As buildings have been bought by institutional owners and tenants leases have come up for renewals, gross leases have been phased out.
Even within the area, some areas have been faster to adopt than others. Uptown, which has seen many new developments and sales of existing buildings over the last five years, has the highest percentage of triple net buildings in Dallas. Alvarado estimates 60 percent of Uptown offices lease on a triple net basis. Preston Center, which has historically been a more landlord-favorable submarket, is nearing half triple net, and Plano’s Legacy submarket is between a quarter and a third triple net, Alvarado estimates.
Over the last few years, many new and desirable office buildings have started leasing space on a triple net basis. Regardless of submarket, virtually all Class A buildings and multitenant offices completed after 2000 also lease this way.
And it’s no coincidence that submarkets with the most institutional and foreign investments are also the submarkets with the highest triple net-leased properties. “The real estate world changes at glacial speeds,” Deptula says. “And the real estate market in Dallas doesn’t like change. But as more development took place, particularly for trophy assets, financing and underwriting required those buildings to [lease] triple net because that’s what lenders are most comfortable with.”

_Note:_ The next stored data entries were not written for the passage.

-- ===== src/Sessions/Locks/Exclusive.antt =====
-- What the locks of runtime/sessions/manager.go guarantee.
use serpe.Base.{
  ℕ, ◌+◌, ◌≤◌, ◌<◌, ◌≡◌, refl, sym, subst, ap, ◌∙◌, inl, inr, Bool, true, false, Option, none, some,
  List, [], ◌∷◌, ◌++◌, ◌==◌, ==_iff, nat_eq, if◌then◌else◌, Bytes, bytes_eq, Assoc, lookup,
  Bool-cases, Option-cases, arith, total, total-replaced, All,
}
use serpe.Sessions.Locks.{
  SessionLock, Manager, set_lock, Thread, outside, gone, waiting, holding, leaving,
}

abbrev pub bit : Bool → ℕ
bit true = 1
bit false = 0

-- The thread is between the reference to a lock of the ID and its end.
abbrev pub is_on : Bytes → Thread → ℕ
is_on k outside = 0
is_on k gone = 0
is_on k (waiting id a) = bit (id == k)
is_on k (holding id a) = bit (id == k)
is_on k (leaving id a) = bit (id == k)

abbrev pub is_holding : Bytes → Thread → ℕ
is_holding k (holding id a) = bit (id == k)
is_holding k _ = 0

-- The address that a thread keeps is that of the map.
abbrev pub Knows : Assoc Bytes ℕ → Thread → Type 0
Knows locks outside = Unit
Knows locks gone = Unit
Knows locks (waiting id a) = lookup id locks ≡ some a
Knows locks (holding id a) = lookup id locks ≡ some a
Knows locks (leaving id a) = lookup id locks ≡ some a

-- The lock of an ID in the map, against the threads on the ID and those that hold it.
abbrev pub Fits : Option SessionLock → ℕ → ℕ → Type 0
Fits none n h = (n ≡ 0) × (h ≡ 0)
Fits (some l) n h = (l.refs ≡ n) × (1 ≤ n) × (h + bit l.token ≡ 1)

abbrev pub lock_at : (ℕ → SessionLock) → Option ℕ → Option SessionLock
lock_at heap none = none
lock_at heap (some a) = some (heap a)

abbrev pub lock_of : Manager → Bytes → Option SessionLock
lock_of m k = lock_at m.heap (lookup k m.locks)

abbrev pub IsSingle : Manager → Type 0
IsSingle m = (i j : Bytes) (a : ℕ) → lookup i m.locks ≡ some a → lookup j m.locks ≡ some a → i ≡ j

pub record IsExclusive (m : Manager) (ts : List Thread) : Type 0 where
  pub fits : (k : Bytes) → Fits (lock_of m k) (total (is_on k) ts) (total (is_holding k) ts)
  pub known : All (Knows m.locks) ts
  pub single : IsSingle m
  pub used : (k : Bytes) (a : ℕ) → lookup k m.locks ≡ some a → a < m.free

pub unchanged :
    (o p : Option SessionLock) {n h n' h' : ℕ} → p ≡ o → n' ≡ n → h' ≡ h → Fits o n h → Fits p n' h'
unchanged o p same n h fits = rw (same, n, h) fits

-- A step of one thread that changes the lock of one ID.
module _ (m m' : Manager) (before after : List Thread) (t u : Thread) (id : Bytes)
    (l : Option SessionLock)
    (lock_set : (k : Bytes) → lock_of m' k ≡ (if id == k then l else lock_of m k))
    (on_others : (k : Bytes)
      → (id == k) ≡ false
      → (is_on k u ≡ is_on k t) × (is_holding k u ≡ is_holding k t))
    (at_id : Fits l
      (total (is_on id) (before ++ u ∷ after))
      (total (is_holding id) (before ++ u ∷ after))) where
  pub step-Fits :
      ((k : Bytes)
        → Fits
            (lock_of m k)
            (total (is_on k) (before ++ t ∷ after))
            (total (is_holding k) (before ++ t ∷ after)))
      → (k : Bytes)
      → Fits
          (lock_of m' k)
          (total (is_on k) (before ++ u ∷ after))
          (total (is_holding k) (before ++ u ∷ after))
  step-Fits fits k = elim (Bool-cases (id == k)) [
    | inl here ↦
        let now : lock_of m' id ≡ l =
          lock_set id ∙ ap (λ b. if b then l else lock_of m id) ((==_iff id id).1 refl) in
        subst
          (λ j.
            Fits (lock_of m' j) (total (is_on j) (before ++ u ∷ after))
              (total (is_holding j) (before ++ u ∷ after)))
          ((==_iff id k).0 here)
          (subst
            (λ o.
              Fits o (total (is_on id) (before ++ u ∷ after))
                (total (is_holding id) (before ++ u ∷ after)))
            (sym now) at_id)
    | inr there ↦
        let (same_on, same_holding) = on_others k there in
        let now : lock_of m' k ≡ lock_of m k =
          lock_set k ∙ ap (λ b. if b then l else lock_of m k) there in
        unchanged (lock_of m k) (lock_of m' k) now
          (omega (arith, same_on, total-replaced (is_on k) before after t u))
          (omega (arith, same_holding, total-replaced (is_holding k) before after t u)) (fits k)
  ]

module _ (m : Manager) (id : Bytes) (a : ℕ) (single : IsSingle m)
    (mapped : lookup id m.locks ≡ some a) where
  -- Another ID has another lock.
  pub apart : (b : ℕ) (k : Bytes) → (id == k) ≡ false → lookup k m.locks ≡ some b → (a == b) ≡ false
  apart b k there known = elim (Bool-cases (a == b)) [
    | inr other ↦ other
    | inl same ↦
        let equal = single id k a mapped (known ∙ ap some (sym ((==_iff a b).0 same))) in
        absurd (cc (there, (==_iff id k).1 equal))
  ]

  pub lock_of-set_lock :
      (l : SessionLock) (k : Bytes)
      → lock_of (set_lock a l m) k ≡ (if id == k then some l else lock_of m k)
  lock_of-set_lock l k = elim (Bool-cases (id == k)) [
    | inl here ↦
        let now : lookup k m.locks ≡ some a =
          subst (λ j. lookup j m.locks ≡ some a) ((==_iff id k).0 here) mapped in
        rw (here, now, (==_iff a a).1 refl) refl
    | inr there ↦ elim (Option-cases (lookup k m.locks)) [
      | inl none_there ↦ rw (there, none_there) refl
      | inr (b, known) ↦
          let other : (a == b) ≡ false = apart b k there known in rw (there, known, other) refl
    ]
  ]

is_holding_on : (k : Bytes) (t : Thread) → is_holding k t ≤ is_on k t
is_holding_on k outside = omega arith
is_holding_on k gone = omega arith
is_holding_on k (waiting id a) = omega arith
is_holding_on k (holding id a) = omega arith
is_holding_on k (leaving id a) = omega arith

pub holding_on : (k : Bytes) (ts : List Thread) → total (is_holding k) ts ≤ total (is_on k) ts
holding_on k [] = omega arith
holding_on k (t ∷ ts) = omega (arith, is_holding_on k t, holding_on k ts)

-- Where no thread is on an ID, the map may change there.
pub known_elsewhere :
    (locks locks' : Assoc Bytes ℕ) (id : Bytes) (ts : List Thread)
    → ((k : Bytes) → (id == k) ≡ false → lookup k locks' ≡ lookup k locks)
    → total (is_on id) ts ≡ 0
    → All (Knows locks) ts
    → All (Knows locks') ts
known_elsewhere locks locks' id [] same none_on known = tt
known_elsewhere locks locks' id (t ∷ ts) same none_on (knows, known) = (
  one t (omega (arith, none_on)) knows,
  known_elsewhere locks locks' id ts same (omega (arith, none_on)) known,
)
  where
    moved :
        (j : Bytes) (a : ℕ) → bit (id == j) ≡ 0 → lookup j locks ≡ some a → lookup j locks' ≡ some a
    moved j a off knows = elim (Bool-cases (id == j)) [
      | inl on ↦ absurd (omega (arith, off, ap bit on))
      | inr other ↦ same j other ∙ knows
    ]

    flip : (j : Bytes) → bit (j == id) ≡ 0 → bit (id == j) ≡ 0
    flip j h = ground (arith, h, ==_iff j id, ==_iff id j)

    one : (t : Thread) → is_on id t ≡ 0 → Knows locks t → Knows locks' t
    one outside off knows = tt
    one gone off knows = tt
    one (waiting j a) off knows = moved j a (flip j off) knows
    one (holding j a) off knows = moved j a (flip j off) knows
    one (leaving j a) off knows = moved j a (flip j off) knows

Change-averse brokers took longer to embrace the new pricing, according to Deptula. “When brokers figured out triple net wasn’t the boogeyman—when they realized it was just a reality in the market—they were forced to understand it,” Deptula says.
Office leases evolving to a triple net model indicates a landlord-favorable market. Even other Texas markets, such as Austin and Houston, started leasing office space on a triple net basis years before Dallas.
“For many, many years, because of oversupply problems, [Dallas] has been a tenant’s market,” Alvarado says. “Landlords in Dallas, from a competitive standpoint, were concerned about making the switch to triple net because they thought … they’d be at a competitive disadvantage if they switched.”
When Dallas’ supply and demand balanced out in recent years, longstanding offices such as The Crescent first made the switch away from gross leases.
As Dallas continues to attract incoming businesses that will lease office space and investors looking for safe places to park their money, triple net leases will only become more common. “Now that we’re triple net, we’re not going back,” Deptula says.